Policymakers in Washington are debating reforms they claim will lower prescription drug prices. It’s important our elected leaders offer real solutions instead of partisan soundbites that mask the real harm to patients by their government-run scheme.
The House of Representatives is expected to soon vote on a bill (H.R. 3) that would let the government come between patients and the treatments and medicines they need. The legislation would adopt health care policies set by foreign countries that lead to rationed care and restricted access to prescription medicines.
This extreme bill will upend the Medicare program for more than 50 million seniors and impose a government-run drug pricing scheme on workers and families with private health care. H.R. 3 will save money for the government and insurance companies, but it will reduce the quality of care for many Americans and do almost nothing to lower patients’ out-of-pocket drug costs.
Congress will continue debating drug pricing legislation in the coming weeks. Make your voice heard today!
Email your elected officials and tell them to oppose H.R. 3. Let them know that doctors – not bureaucrats – should decide which medicines America’s patients can receive. Urge your elected leaders to reject H.R. 3 and support responsible solutions that lower what people pay out of pocket for prescription medicines and ensure all patients can get the cures and treatments they need.
iBIO is very concerned with the provisions included in H.R.3 to establish price controls as a mechanism for lowering list prices for pharmaceuticals in the US.

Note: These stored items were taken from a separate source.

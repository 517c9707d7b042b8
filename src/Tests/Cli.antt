-- ===== src/Tests/Cli.antt =====
-- Names, a registry of two instances, and their ports.
use job_squire.Base.{
  List, Bool, true, false, not, ◌≡◌, ◌≢◌, ◌↔◌, ◌⊎◌, refl, Option, none, some, [], ◌∷◌, Text, txt,
  list_eq, nat_eq, bool_eq, option_eq, ◌==◌, strip, lower, strip_chars, Outcome, returns, raises,
}
use job_squire.Cli.Slug.{
  sanitize_slug, clean, gaps_to_hyphens, drop_invalid, collapse, is_gap, is_slug_char,
}
use job_squire.Cli.Slug.Shape.{IsSlug, sanitize_slug-IsSlug}
use job_squire.Cli.Slug.Fixed.{sanitize_slug_iff}
use job_squire.Cli.Registry.{
  registry_version, find, Instance, File, missing, holds, RegistryError, name_collision,
  NewInstance, mode, get_instance, find, load_registry, is_taken, or_derived, derive_cookie_name,
  new_row, add_row, add_instance, are_known, set_field, set_fields, update_rows, update_loaded,
  update_instance, without, remove_loaded, remove_instance, ObservedState,
}
use job_squire.Cli.Registry.Lookup.{add_instance_collides}
use job_squire.Cli.Registry.Refines.{IsView, apply_operations, perform_all-IsView}
use job_squire.Cli.Registry.Names.{
  add, update, remove, perform_all, IsRegistry, perform_all-IsRegistry,
}
use job_squire.Base.Dict.{lookup, insert, erase}
use job_squire.Cli.QueryConfig.{
  Config, empty_config, set_instance, next_default, is_set, without_slash, next_token, old_token,
  clear_token, clear_found, remove_instance_config, remove_found, first_key, resolve_instance_name,
}
use job_squire.Cli.QueryConfig.Default.{set, clear, HasDefault, Resolved, perform_all-HasDefault}
use job_squire.Cli.QueryConfig.Default
use job_squire.Cli.Ports.{allocate_port_pair, Allocated, allocate_port_pair-IsFirst}

slug : Text → Option Text
unfolding sanitize_slug clean gaps_to_hyphens drop_invalid collapse is_gap is_slug_char strip lower
    strip_chars nat_eq
slug = sanitize_slug

slug_demo : slug (txt " My__Job  Squire!-") ≡ some (txt "my-job-squire")
unfolding slug
slug_demo = refl

sanitize_slug-IsSlug_example : IsSlug (txt "a-b")
unfolding slug
sanitize_slug-IsSlug_example = sanitize_slug-IsSlug (txt " A_b ") (txt "a-b") refl

sanitize_slug_iff_example : (sanitize_slug (txt "a-b") ≡ some (txt "a-b")) ↔ IsSlug (txt "a-b")
sanitize_slug_iff_example = sanitize_slug_iff (txt "a-b")

abbrev work : NewInstance
work = record {
  name = txt "Work";
  mode = txt "local";
  runtime = txt "docker";
  data_dir = txt "/w";
  public_url = txt "u";
  app_port = some 8080;
  mcp_port = some 9000;
  cookie_name = none;
  created = none;
}

abbrev work_row : Instance
work_row = record {
  name = txt "work";
  mode = txt "local";
  runtime = txt "docker";
  data_dir = txt "/w";
  app_port = some 8080;
  mcp_port = some 9000;
  cookie_name = txt "work_session";
  public_url = txt "u";
  created = txt "D";
}

abbrev home_row : Instance
home_row = record {
  name = txt "home";
  mode = txt "local";
  runtime = txt "docker";
  data_dir = txt "/h";
  app_port = some 8081;
  mcp_port = none;
  cookie_name = txt "home_session";
  public_url = txt "u";
  created = txt "D";
}

abbrev one : File
one = holds 1 (home_row ∷ [])

abbrev both : File
both = holds 1 (home_row ∷ work_row ∷ [])

adding : Outcome RegistryError (File × Instance)
unfolding slug add_instance add_row new_row is_taken or_derived derive_cookie_name load_registry
    list_eq
adding = add_instance (txt "D") work one

add_instance_collides_example :
    ((some work_row ≡ none)
      × ((x : File × Instance) × (add_instance (txt "D") work both ≡ returns x)))
    ⊎ ((some work_row ≢ none) × (add_instance (txt "D") work both ≡ raises name_collision))
unfolding slug get_instance find load_registry list_eq
add_instance_collides_example =
    add_instance_collides (txt "D") (txt "work") work both (some work_row) refl refl

updating : Outcome RegistryError (File × Instance)
unfolding update_instance update_loaded update_rows are_known set_fields set_field load_registry
    list_eq nat_eq
updating = update_instance (txt "work") (mode (txt "proxy") ∷ []) both

abbrev moved_row : Instance
moved_row = record work_row { mode = txt "proxy" }

removing : Outcome RegistryError (File × Bool)
unfolding remove_instance remove_loaded without load_registry list_eq nat_eq
removing = remove_instance (txt "work") both

perform_all-IsRegistry_example :
    IsRegistry
      (perform_all (add (txt "D") work ∷ add (txt "E") work ∷ remove (txt "home") ∷ []) missing)
perform_all-IsRegistry_example =
    perform_all-IsRegistry (add (txt "D") work ∷ add (txt "E") work ∷ remove (txt "home") ∷ [])
      missing tt

perform_all-IsView_example :
    IsView
      (perform_all
        (add (txt "D") work
          ∷ update (txt "work") (mode (txt "proxy") ∷ [])
          ∷ remove (txt "home")
          ∷ [])
        missing)
      (apply_operations
        (add (txt "D") work
          ∷ update (txt "work") (mode (txt "proxy") ∷ [])
          ∷ remove (txt "home")
          ∷ [])
        (λ n. none))
unfolding load_registry find
perform_all-IsView_example =
    perform_all-IsView
      (add (txt "D") work
        ∷ update (txt "work") (mode (txt "proxy") ∷ [])
        ∷ remove (txt "home")
        ∷ [])
      missing (λ n. none) ((registry_version, []), (refl, λ n. refl))

abbrev seen : ObservedState
seen = record {
  container_running = true;
  container_name = some (txt "job-squire-work");
  app_port = some 8080;
  mcp_port = none;
  data_dir_exists = some true;
}

allocate_port_pair-IsFirst_example :
    Allocated
      (λ p. not (p == 8082))
      (home_row ∷ work_row ∷ [])
      (allocate_port_pair (λ p. not (p == 8082)) (home_row ∷ work_row ∷ []))
allocate_port_pair-IsFirst_example =
    allocate_port_pair-IsFirst (λ p. not (p == 8082)) (home_row ∷ work_row ∷ [])

abbrev operations : List job_squire.Cli.QueryConfig.Default.Operation
operations =
    set (txt "home") (txt "http://h/mcp/") (some (txt "t")) false none
    ∷ set (txt "work") (txt "http://w/mcp") none false (some true)
    ∷ job_squire.Cli.QueryConfig.Default.remove (txt "work")
    ∷ clear (txt "home")
    ∷ []

configured : Option Text
unfolding set_instance next_default is_set without_slash next_token old_token clear_token
    clear_found remove_instance_config remove_found first_key lookup insert erase list_eq nat_eq
    option_eq
configured = (job_squire.Cli.QueryConfig.Default.perform_all operations empty_config).default

home_is_default : configured ≡ some (txt "home")
unfolding configured
home_is_default = refl

perform_all-HasDefault_example :
    HasDefault (job_squire.Cli.QueryConfig.Default.perform_all operations empty_config)
perform_all-HasDefault_example = perform_all-HasDefault operations empty_config tt

abbrev home_config : Config
home_config = set_instance (txt "home") (txt "http://h/mcp/") none false none empty_config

Specifically H.R. 3 would:
- Require the Secretary of Health and Human Services (HHS) to directly negotiate the price of 25 to 250 brand-name drugs annually that lack a generic or biosimilar competitor and have the greatest cost to Medicare and the U.S. health system. H.R. 3 would establish an upper limit for the price reached in any negotiation as no more than 120 percent of the volume-weighted average of the price of six countries (Australia, Canada, France, Germany, Japan, and the United Kingdom). This price is known as the Average International Market (AIM) price. The articulated goal of this policy is for HHS to negotiate a price that is below the AIM, called the “maximum fair price”, which would be applied to Medicare. Medicare Advantage and Part D plans could use additional tools to negotiate even lower prices.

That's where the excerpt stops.